Whatever you use for legs, consider the floor they'll sit on. If it's rough (like a basement cement floor), make sure your legs have a height adjustment built in to level everything.

Not everyone uses a "solid wood" top surface (MDF, plywood, etc.). Some people simply make a support grid (say 2x4's on 16" centers) and then lay 2" or more of pink stuff foam on top of that. Is long as you don't do a dance on the thing, it'll likely be OK.

TJ


----------



## tkruger (Jan 18, 2009)

I used the following and it was dirt cheep. The local Home Depot has a scrap bin. Slightly twisted 2x4s are $0.51 each (just had a price hike from $0.45). I used those to make saw horses. Then placed 2x4x8 across to make the bracing and placed a 4x8 sheet of scrap ply on that. Did the same for the expansion L and then cut an old bar down for the expansion U.

The advantage of the saw horses was that I could cut the legs to match the uneven floor. And the design has prove to be very stable and easy to work under. Expansion is a breeze and all of the parts are in the open.

One mistake I regret is that I only thought about a comfortable height to work from above on the table. I have spent allot of the time wiring from below. The table should have been about 2 inches lower to make that more comfortable.


----------



## Massey (Apr 16, 2011)

I made a freestanding table with a shelf underneath and I used a L girder with open grid on top. This allowed me to remove the top and make the layout portable. My only mistake in making a 4x8 portable is I midjudged the weight of the entire table once assembled. The next layout I built was a 5x9 using the same design only larger to handle the larger table and I split the bench work into 4 pieces and that did prove to be very portable. Here are some pics of both 

The 4x8

























The 5x9

































Massey


----------



## hoscale37 (Nov 20, 2011)

Massey,

What type of Plywood is that for your layouts-- Thickness, Finish, etc? Also do you recall a ballpark idea of how much it cost for this all together-bolts and everything? This is exactly what I would like to build.

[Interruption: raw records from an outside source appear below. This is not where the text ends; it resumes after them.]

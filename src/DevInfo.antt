-- ===== src/DevInfo.antt =====
-- server/devinfo_server.c: the linked list of known devices, with the file-transfer status of each.
-- The list behind `g_dev_head` is a list of nodes, newest first. A function that can follow a null
-- pointer returns `none` for that fault. The mutex makes each function one atomic step.
pub mod Ids
pub mod Loops
pub mod Ops
pub mod Inv
pub mod Lookup
pub mod Status
pub mod Lost
pub mod Size
pub mod Refine
pub mod Order
use mathlib.Core.Option
use rmt_library.Common.{
  ℕ, zero, suc, ◌+◌, ◌-◌, ◌%◌, ◌^◌, Bool, true, false, if◌then◌else◌, ◌==◌, Option, none, some,
  List, [], ◌∷◌, Bytes, ℤ, pos, minus_one,
}
use rmt_library.Types.{
  DeviceInfo, DeviceMsg, TransferStatus, status_agent_error, TransferResult, empty_result,
}

-- `dev_list`, without its `next`
pub record Node : Type 0 where
  pub info : DeviceInfo
  pub agent_transfer_status : TransferStatus
  pub transfer_result : TransferResult
  pub internal_id : ℕ

-- `g_dev_head` and `g_dev_num`
pub record Registry : Type 0 where
  pub dev_head : List Node
  pub dev_num : ℕ

-- `g_dev_num++` and `g_dev_num--` on `uint32_t`
abbrev pub incr32 : ℕ → ℕ
incr32 n = (n + 1) % 2 ^ 32

abbrev pub decr32 : ℕ → ℕ
decr32 n = (n + (2 ^ 32 - 1)) % 2 ^ 32

abbrev pub has_id : ℕ → Node → Bool
has_id id n = n.info.device_id == id

abbrev pub has_internal_id : ℕ → Node → Bool
has_internal_id internal_id n = n.internal_id == internal_id

-- the fields that `add_device` writes; the rest of the node keeps what it held
abbrev pub fill : DeviceMsg → ℕ → Node → Node
fill msg handle n = record n { info = msg; internal_id = handle }

-- the search of `add_device`, and the write through the node that it finds
pub replace : DeviceMsg → ℕ → List Node → Option (List Node)
replace msg handle [] = none
replace msg handle (n ∷ rest) =
    if has_id msg.device_id n
    then some (fill msg handle n ∷ rest)
    else Option.map (λ rest'. n ∷ rest') (replace msg handle rest)

-- `add_device`; `fresh` is what `malloc` returns, of which the status fields are never set.
pub add_device : Node → DeviceMsg → ℕ → Registry → Registry
add_device fresh msg handle s = elim (replace msg handle s.dev_head) [
  | none ↦ record { dev_head = fill msg handle fresh ∷ s.dev_head; dev_num = incr32 s.dev_num }
  | some nodes ↦ record s { dev_head = nodes }
]

-- the loop of `del_device`: it looks at `dev_ptr->next`, and unlinks the first match
pub unlink_next : (Node → Bool) → List Node → Option (Node × List Node)
unlink_next p [] = none
unlink_next p (next ∷ rest) =
    if p next then some (next, rest) else Option.map (λ r. (r.0, next ∷ r.1)) (unlink_next p rest)

-- the search of `del_device`: no list, the head, and then the loop
pub unlink : (Node → Bool) → List Node → Option (Node × List Node)
unlink p [] = none
unlink p (head ∷ rest) =
    if p head then some (head, rest) else Option.map (λ r. (r.0, head ∷ r.1)) (unlink_next p rest)

pub del_first : (Node → Bool) → Registry → Registry
del_first p s = elim (unlink p s.dev_head) [
  | none ↦ s
  | some r ↦ record { dev_head = r.1; dev_num = decr32 s.dev_num }
]

-- `del_device`, and the callback that the transport calls
pub del_device : ℕ → Registry → Registry
del_device internal_id = del_first (has_internal_id internal_id)

-- `strstr(hay, needle) != NULL`
pub starts_with : Bytes → Bytes → Bool
starts_with [] hay = true
starts_with (c ∷ needle) [] = false
starts_with (c ∷ needle) (h ∷ hay) = if c == h then starts_with needle hay else false

pub contains : Bytes → Bytes → Bool
contains needle [] = starts_with needle []
contains needle (h ∷ hay) = if starts_with needle (h ∷ hay) then true else contains needle hay

-- `devinfo_server_del_device_callback_robot_id`
pub del_robot : Bytes → Registry → Registry
del_robot robot_id = del_first (λ n. contains robot_id n.info.devinfo)

-- the copy loop of `devinfo_server_create_list`, over `i` nodes
pub copy_infos : ℕ → List Node → Option (List DeviceInfo)
copy_infos zero nodes = some []
copy_infos (suc i) [] = none
copy_infos (suc i) (n ∷ rest) = Option.map (λ infos. n.info ∷ infos) (copy_infos i rest)

-- The part of `devinfo_server_create_list` behind the update: the number, and the array or a null pointer.
-- `malloc_ok` says for how many entries there is memory.
pub list_devices : (ℕ → Bool) → Registry → Option (ℕ × Option (List DeviceInfo))
list_devices malloc_ok s =
    let copied = copy_infos s.dev_num s.dev_head in
    if malloc_ok s.dev_num
    then Option.map (λ infos. (s.dev_num, some infos)) copied
    else some (s.dev_num, none)

-- the loop of `devinfo_server_deinit`: it frees the head as long as there is one
free_all : List Node → ℕ → Registry
free_all [] num = record { dev_head = []; dev_num = num }
free_all (n ∷ rest) num = free_all rest (decr32 num)

pub deinit : Registry → Registry
unfolding free_all
deinit s = free_all s.dev_head s.dev_num

-- `devinfo_server_init`
unfoldable pub init : Registry
init = record { dev_head = []; dev_num = 0 }

-- the loop of `devinfo_server_set_status_by_id`: whether a device was found, and the nodes
pub set_loop : ℕ → TransferStatus → TransferResult → ℕ → List Node → Option (Bool × List Node)
set_loop id status result zero nodes = some (false, nodes)
set_loop id status result (suc i) [] = none
set_loop id status result (suc i) (n ∷ rest) =
    if has_id id n
    then some (true, record n { agent_transfer_status = status; transfer_result = result } ∷ rest)
    else Option.map (λ r. (r.0, n ∷ r.1)) (set_loop id status result i rest)

-- `devinfo_server_set_status_by_id`
pub set_status : ℕ → TransferStatus → TransferResult → Registry → Option (ℤ × Registry)
set_status id status result s =
    Option.map (λ r. (if r.0 then pos 0 else minus_one, record s { dev_head = r.1 }))
      (set_loop id status result s.dev_num s.dev_head)

-- the loop of `devinfo_server_get_status_by_id`: the node that it finds
pub get_loop : ℕ → ℕ → List Node → Option (Option Node)
get_loop id zero nodes = some none
get_loop id (suc i) [] = none
get_loop id (suc i) (n ∷ rest) = if has_id id n then some (some n) else get_loop id i rest

-- what `devinfo_server_get_status_by_id` writes through its two pointers
abbrev pub status_of : Option Node → TransferStatus × TransferResult
status_of none = (status_agent_error, empty_result)
status_of (some n) = (n.agent_transfer_status, n.transfer_result)

pub get_status : ℕ → Registry → Option (TransferStatus × TransferResult)
get_status id s = Option.map status_of (get_loop id s.dev_num s.dev_head)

My layout would be in my finished and carpeted basement.


----------



## Massey (Apr 16, 2011)

For the 5x9 layout I used 1/4 luan ply and I will never go that light again. That is the biggest reason I dismantled the layout. My previous 2 layouts were 3/8 ply and my current layout is 3/8 OSB and my personal preferance is the OSB. It is perfectly flat and smooth with no warping. It is also really easy to work with.

Massey


----------



## flyboy2610 (Jan 20, 2010)

The top is 1x4s covered with 3/8" plywood. The legs are 2x2s with 5/16 't' nuts and bolts in the bottom to level it all up. Shelf rails are 1x2s and the shelves are 1x4s.
Details here:
http://www.modeltrainforum.com/showthread.php?t=9947


----------



## hoscale37 (Nov 20, 2011)

*Benchwork- Update*

So I was thinking about this- and low and behold; I completely forgot about the old wooden kitchen table that we took down earlier this year that we had tried to sell. I had bought it many years ago back in 2003 and we used it as our main kitchen table up until the end of 2010. It's been sitting in the garage ever since. It measures 4 X 6 or 4 X 7; if I remember correctly and is a finished wood table. 

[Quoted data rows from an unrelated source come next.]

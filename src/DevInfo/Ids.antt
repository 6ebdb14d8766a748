-- ===== src/DevInfo/Ids.antt =====
-- The list of server/devinfo_server.c as a container: the first node that passes a test is found,
-- written or removed, and what that does to the device IDs.
use mathlib.Core.Option
use rmt_library.Common.{
  ℕ, suc, ◌≡◌, ◌≢◌, refl, ap, Bool, true, false, if◌then◌else◌, none, some, List, [], ◌∷◌, ◌++◌,
  arith, length, All, find, ◌==◌,
}
use rmt_library.DevInfo.{Node, has_id}

abbrev pub ids : List Node → List ℕ
ids [] = []
ids (n ∷ rest) = n.info.device_id ∷ ids rest

-- No two entries of a list of numbers are equal.
abbrev pub Distinct : List ℕ → Type 0
Distinct [] = Unit
Distinct (x ∷ xs) = All (λ y. y ≢ x) xs × Distinct xs

abbrev pub any : (Node → Bool) → List Node → Bool
any p [] = false
any p (n ∷ rest) = if p n then true else any p rest

abbrev pub write_first : (Node → Bool) → (Node → Node) → List Node → List Node
write_first p f [] = []
write_first p f (n ∷ rest) = if p n then f n ∷ rest else n ∷ write_first p f rest

abbrev pub remove_first : (Node → Bool) → List Node → List Node
remove_first p [] = []
remove_first p (n ∷ rest) = if p n then rest else n ∷ remove_first p rest

pub length-write_first :
    (p : Node → Bool) (f : Node → Node) (nodes : List Node)
    → length (write_first p f nodes) ≡ length nodes
length-write_first p f [] = refl
length-write_first p f (n ∷ rest) = ground (arith, length-write_first p f rest)

pub length-remove_first :
    (p : Node → Bool) (nodes : List Node) {n : Node}
    → find p nodes ≡ some n
    → suc (length (remove_first p nodes)) ≡ length nodes
length-remove_first p [] h = ground arith
length-remove_first p (m ∷ rest) {n} h = ground (arith, length-remove_first p rest {n = n})

-- A write that leaves the IDs of nodes alone leaves those of the list alone.
pub ids-write_first :
    (p : Node → Bool) (f : Node → Node) (nodes : List Node)
    → ((n : Node) → p n ≡ true → (f n).info.device_id ≡ n.info.device_id)
    → ids (write_first p f nodes) ≡ ids nodes
ids-write_first p f [] keep = refl
ids-write_first p f (n ∷ rest) keep = ground (arith, keep n, ids-write_first p f rest keep)

pub ids-append : (xs ys : List Node) → ids (xs ++ ys) ≡ ids xs ++ ids ys
ids-append [] ys = refl
ids-append (x ∷ xs) ys = ap (λ zs. x.info.device_id ∷ zs) (ids-append xs ys)

pub any-eq-find :
    (p : Node → Bool) (nodes : List Node)
    → any p nodes ≡ elim (find p nodes) [ none ↦ false | some n ↦ true ]
any-eq-find p [] = refl
any-eq-find p (n ∷ rest) = ground (arith, any-eq-find p rest)

-- An ID that no node passes for is the ID of none.
pub All-of-any :
    (id : ℕ) (nodes : List Node) → any (has_id id) nodes ≡ false → All (λ y. y ≢ id) (ids nodes)
All-of-any id [] h = tt
All-of-any id (n ∷ rest) h = ground (arith, All-of-any id rest)

pub find-of-All :
    (id : ℕ) (nodes : List Node) → All (λ y. y ≢ id) (ids nodes) → find (has_id id) nodes ≡ none
find-of-All id [] h = refl
find-of-All id (n ∷ rest) h = ground (arith, find-of-All id rest h.1)

pub All-remove_first :
    (p : Node → Bool) (id : ℕ) (nodes : List Node)
    → All (λ y. y ≢ id) (ids nodes)
    → All (λ y. y ≢ id) (ids (remove_first p nodes))
All-remove_first p id [] h = tt
All-remove_first p id (n ∷ rest) h = ground (arith, All-remove_first p id rest h.1)

pub Distinct-remove_first :
    (p : Node → Bool) (nodes : List Node)
    → Distinct (ids nodes)
    → Distinct (ids (remove_first p nodes))
Distinct-remove_first p [] h = tt
Distinct-remove_first p (n ∷ rest) h =
    ground (arith, Distinct-remove_first p rest h.1, All-remove_first p n.info.device_id rest h.0)

-- What is found under an ID after a write under an ID.
pub find-write_first :
    (id j : ℕ) (f : Node → Node) (nodes : List Node)
    → ((n : Node) → has_id id n ≡ true → (f n).info.device_id ≡ id)
    → find (has_id j) (write_first (has_id id) f nodes)
      ≡ (if id == j then Option.map f (find (has_id j) nodes) else find (has_id j) nodes)
find-write_first id j f [] keep = ground arith
find-write_first id j f (n ∷ rest) keep = ground (arith, keep n, find-write_first id j f rest keep)

pub ne-of-All :
    (p : Node → Bool) (id : ℕ) (nodes : List Node) {n : Node}
    → All (λ y. y ≢ id) (ids nodes)
    → find p nodes ≡ some n
    → n.info.device_id ≢ id
ne-of-All p id [] a h = cc
ne-of-All p id (m ∷ rest) {n} a h = ground (arith, ne-of-All p id rest {n = n} a.1)

-- What is found under an ID after a removal, where no ID stands twice.
pub find-remove_first :
    (p : Node → Bool) (j : ℕ) (nodes : List Node) {n : Node}
    → Distinct (ids nodes)
    → find p nodes ≡ some n
    → find (has_id j) (remove_first p nodes)
      ≡ (if n.info.device_id == j then none else find (has_id j) nodes)
find-remove_first p j [] d h = ground arith
find-remove_first p j (m ∷ rest) {n} d h = ground (
  arith,
  find-remove_first p j rest {n = n} d.1,
  find-of-All m.info.device_id rest d.0,
  ne-of-All p m.info.device_id rest {n = n} d.0,
)
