-- ===== src/DevInfo/Loops.antt =====
-- The loops of server/devinfo_server.c do what the operations of `Ids` say.
use mathlib.Core.Option
use rmt_library.Common.{
  ℕ, zero, suc, ◌≤◌, ◌≡◌, refl, ap, Bool, if◌then◌else◌, none, some, List, [], ◌∷◌, ◌++◌, arith,
  length, find, take, drop, take-append-drop, Bool-cases, Option-cases, inl, inr,
}
use rmt_library.Types.{DeviceInfo, DeviceMsg, TransferStatus, TransferResult}
use rmt_library.DevInfo.{
  Node, has_id, fill, replace, unlink_next, unlink, set_loop, get_loop, copy_infos,
}
use rmt_library.DevInfo.Ids.{any, write_first, remove_first}

-- the write of `devinfo_server_set_status_by_id`
abbrev pub put_status : TransferStatus → TransferResult → Node → Node
put_status status result n = record n { agent_transfer_status = status; transfer_result = result }

pub replace_lem :
    (msg : DeviceMsg) (handle : ℕ) (nodes : List Node)
    → replace msg handle nodes ≡ (
        if any (has_id msg.device_id) nodes
        then some (write_first (has_id msg.device_id) (fill msg handle) nodes)
        else none)
unfolding replace
replace_lem msg handle [] = refl
replace_lem msg handle (n ∷ rest) = ground (arith, replace_lem msg handle rest)

unlink_next_lem :
    (p : Node → Bool) (nodes : List Node)
    → unlink_next p nodes ≡ Option.map (λ n. (n, remove_first p nodes)) (find p nodes)
unfolding unlink_next
unlink_next_lem p [] = refl
unlink_next_lem p (n ∷ rest) = elim (Bool-cases (p n)) [
  | inl e ↦ rw (e) refl
  | inr e ↦
      rw (e, unlink_next_lem p rest)
        (elim (Option-cases (find p rest)) [ inl f ↦ rw f refl | inr (m, f) ↦ rw f refl ])
]

pub unlink_lem :
    (p : Node → Bool) (nodes : List Node)
    → unlink p nodes ≡ Option.map (λ n. (n, remove_first p nodes)) (find p nodes)
unfolding unlink unlink_next
unlink_lem p [] = refl
unlink_lem p (n ∷ rest) = unlink_next_lem p (n ∷ rest)

pub set_loop_lem :
    (id : ℕ) (status : TransferStatus) (result : TransferResult) (i : ℕ) (nodes : List Node)
    → i ≤ length nodes
    → set_loop id status result i nodes
      ≡ some (
        any (has_id id) (take i nodes),
        write_first (has_id id) (put_status status result) (take i nodes) ++ drop i nodes,
      )
unfolding set_loop
set_loop_lem id status result zero nodes h = refl
set_loop_lem id status result (suc i) [] h = absurd (omega arith)
set_loop_lem id status result (suc i) (n ∷ rest) h =
    ground (arith, set_loop_lem id status result i rest, take-append-drop i rest)

pub get_loop_lem :
    (id i : ℕ) (nodes : List Node)
    → i ≤ length nodes
    → get_loop id i nodes ≡ some (find (has_id id) (take i nodes))
unfolding get_loop
get_loop_lem id zero nodes h = refl
get_loop_lem id (suc i) [] h = absurd (omega arith)
get_loop_lem id (suc i) (n ∷ rest) h = ground (arith, get_loop_lem id i rest)

abbrev pub infos : List Node → List DeviceInfo
infos [] = []
infos (n ∷ rest) = n.info ∷ infos rest

pub length-infos : (nodes : List Node) → length (infos nodes) ≡ length nodes
length-infos [] = refl
length-infos (n ∷ rest) = ap suc (length-infos rest)

pub copy_infos_lem :
    (i : ℕ) (nodes : List Node)
    → i ≤ length nodes
    → copy_infos i nodes ≡ some (infos (take i nodes))
unfolding copy_infos
copy_infos_lem zero nodes h = refl
copy_infos_lem (suc i) [] h = absurd (omega arith)
copy_infos_lem (suc i) (n ∷ rest) h = rw (copy_infos_lem i rest (omega arith))

-- A loop that counts past the end of the list follows its null pointer.
pub copy_infos_fault :
    (i : ℕ) (nodes : List Node) → suc (length nodes) ≤ i → copy_infos i nodes ≡ none
unfolding copy_infos
copy_infos_fault zero nodes h = absurd (omega arith)
copy_infos_fault (suc i) [] h = refl
copy_infos_fault (suc i) (n ∷ rest) h = rw (copy_infos_fault i rest (omega arith))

Now my thought is to pull this table out, set it up and use it. I don't want to set stuff up directly on the table but I want to get some type of board cut and set up on the table top...so everything would be attached to the board/materials that are sitting on the table top. 

The table is a strong wooden table with 4 good size legs in each corner that stand at a good table height. My wife has already said that this is perfectly fine as well to use. 

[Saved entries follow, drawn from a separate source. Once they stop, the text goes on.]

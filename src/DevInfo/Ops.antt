-- ===== src/DevInfo/Ops.antt =====
-- Each operation of server/devinfo_server.c by one equation over the operations of `Ids`.
use rmt_library.Common.{
  refl, inr, inl, Bool-cases, ℕ, ◌≤◌, ◌≡◌, Bool, none, some, ◌∷◌, ◌++◌, arith, length, take, drop,
  find, if◌then◌else◌, pos, minus_one,
}
use rmt_library.Types.{DeviceMsg, TransferStatus, TransferResult}
use rmt_library.DevInfo.{
  Node, Registry, has_id, fill, incr32, decr32, add_device, del_first, set_status, get_status,
  status_of, list_devices,
}
use rmt_library.DevInfo.Ids.{any, write_first, remove_first}
use rmt_library.DevInfo.Loops.{
  put_status, infos, replace_lem, unlink_lem, set_loop_lem, get_loop_lem, copy_infos_lem,
}

pub add_device_lem :
    (fresh : Node) (msg : DeviceMsg) (handle : ℕ) (s : Registry)
    → add_device fresh msg handle s ≡ (
        if any (has_id msg.device_id) s.dev_head
        then record s { dev_head = write_first (has_id msg.device_id) (fill msg handle) s.dev_head }
        else record { dev_head = fill msg handle fresh ∷ s.dev_head; dev_num = incr32 s.dev_num })
unfolding add_device
add_device_lem fresh msg handle s = ground (arith, replace_lem msg handle s.dev_head)

pub del_first_lem :
    (p : Node → Bool) (s : Registry)
    → del_first p s ≡ elim (find p s.dev_head) [
      | none ↦ s
      | some n ↦ record { dev_head = remove_first p s.dev_head; dev_num = decr32 s.dev_num }
    ]
unfolding del_first
del_first_lem p s = ground (arith, unlink_lem p s.dev_head)

pub set_status_lem :
    (id : ℕ) (status : TransferStatus) (result : TransferResult) (s : Registry)
    → s.dev_num ≤ length s.dev_head
    → set_status id status result s
      ≡ some (
        if any (has_id id) (take s.dev_num s.dev_head) then pos 0 else minus_one,
        record s {
          dev_head =
              write_first (has_id id) (put_status status result) (take s.dev_num s.dev_head)
              ++ drop s.dev_num s.dev_head;
        },
      )
unfolding set_status
set_status_lem id status result s h = rw (set_loop_lem id status result s.dev_num s.dev_head h)

pub get_status_lem :
    (id : ℕ) (s : Registry)
    → s.dev_num ≤ length s.dev_head
    → get_status id s ≡ some (status_of (find (has_id id) (take s.dev_num s.dev_head)))
unfolding get_status
get_status_lem id s h = rw (get_loop_lem id s.dev_num s.dev_head h)

pub list_devices_lem :
    (malloc_ok : ℕ → Bool) (s : Registry)
    → s.dev_num ≤ length s.dev_head
    → list_devices malloc_ok s
      ≡ some (
        s.dev_num,
        if malloc_ok s.dev_num then some (infos (take s.dev_num s.dev_head)) else none,
      )
unfolding list_devices
list_devices_lem malloc_ok s h = elim (Bool-cases (malloc_ok s.dev_num)) [
  | inl ok ↦ rw (copy_infos_lem s.dev_num s.dev_head h) (rw ok refl)
  | inr full ↦ rw full refl
]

I think the call here is obvious... to use the old kitch table for this train layout. 

What are your thoughts?


----------



## flyboy2610 (Jan 20, 2010)

Sounds like a plan!:thumbsup:
Make a basic grid frame from 1x4s and set it on the table, then put your top material on. If you have access all the way around the table, you might make it a 5x9. You could easily have 24" radius curves with that. And 5x9 is ping pong table size, so your local lumber yard could order a top for you if you wish.
Go for it!


----------



## hoscale37 (Nov 20, 2011)

I was planning to have the table sticking out long ways from the wall, which would give me access on three sides. Two of the long sides of the table, and one short side. 

Kind of like this: 

-----|

^Table alongside Wall


----------



## hoscale37 (Nov 20, 2011)

*Update*

Just re-measured the table. 

It's 3 X 5.... Ugh. 

I know I have been going back and forth on this... should I just forgo just trying to use the Kitchen Table and just build the 4 X 8 from scratch, or should I go ahead and use the 3 X 5 and build a preliminary layout that could expand in the future?


----------



## Massey (Apr 16, 2011)

3x5 is perfect for a support for a 4x8 so long as you frame the 4x8 with 1x4s My lower benchwork on the 4x8 I made was actually 3x5 which had 1' over hang on the long sides and 1.5' on the short sides, that was plenty of support. Look back at the pics I posted you will see what I am talking about. I would just find some way to attach the table top to the top of the table.

Massey


----------



## hoscale37 (Nov 20, 2011)

*Benchwork*

I think I am going to get a cull from Home Depot-- as I read in another thread a piece of heavy duty styrofoam and get it cut down to 3 X 5. Mount this styrofoam to the table top directly, and go from there.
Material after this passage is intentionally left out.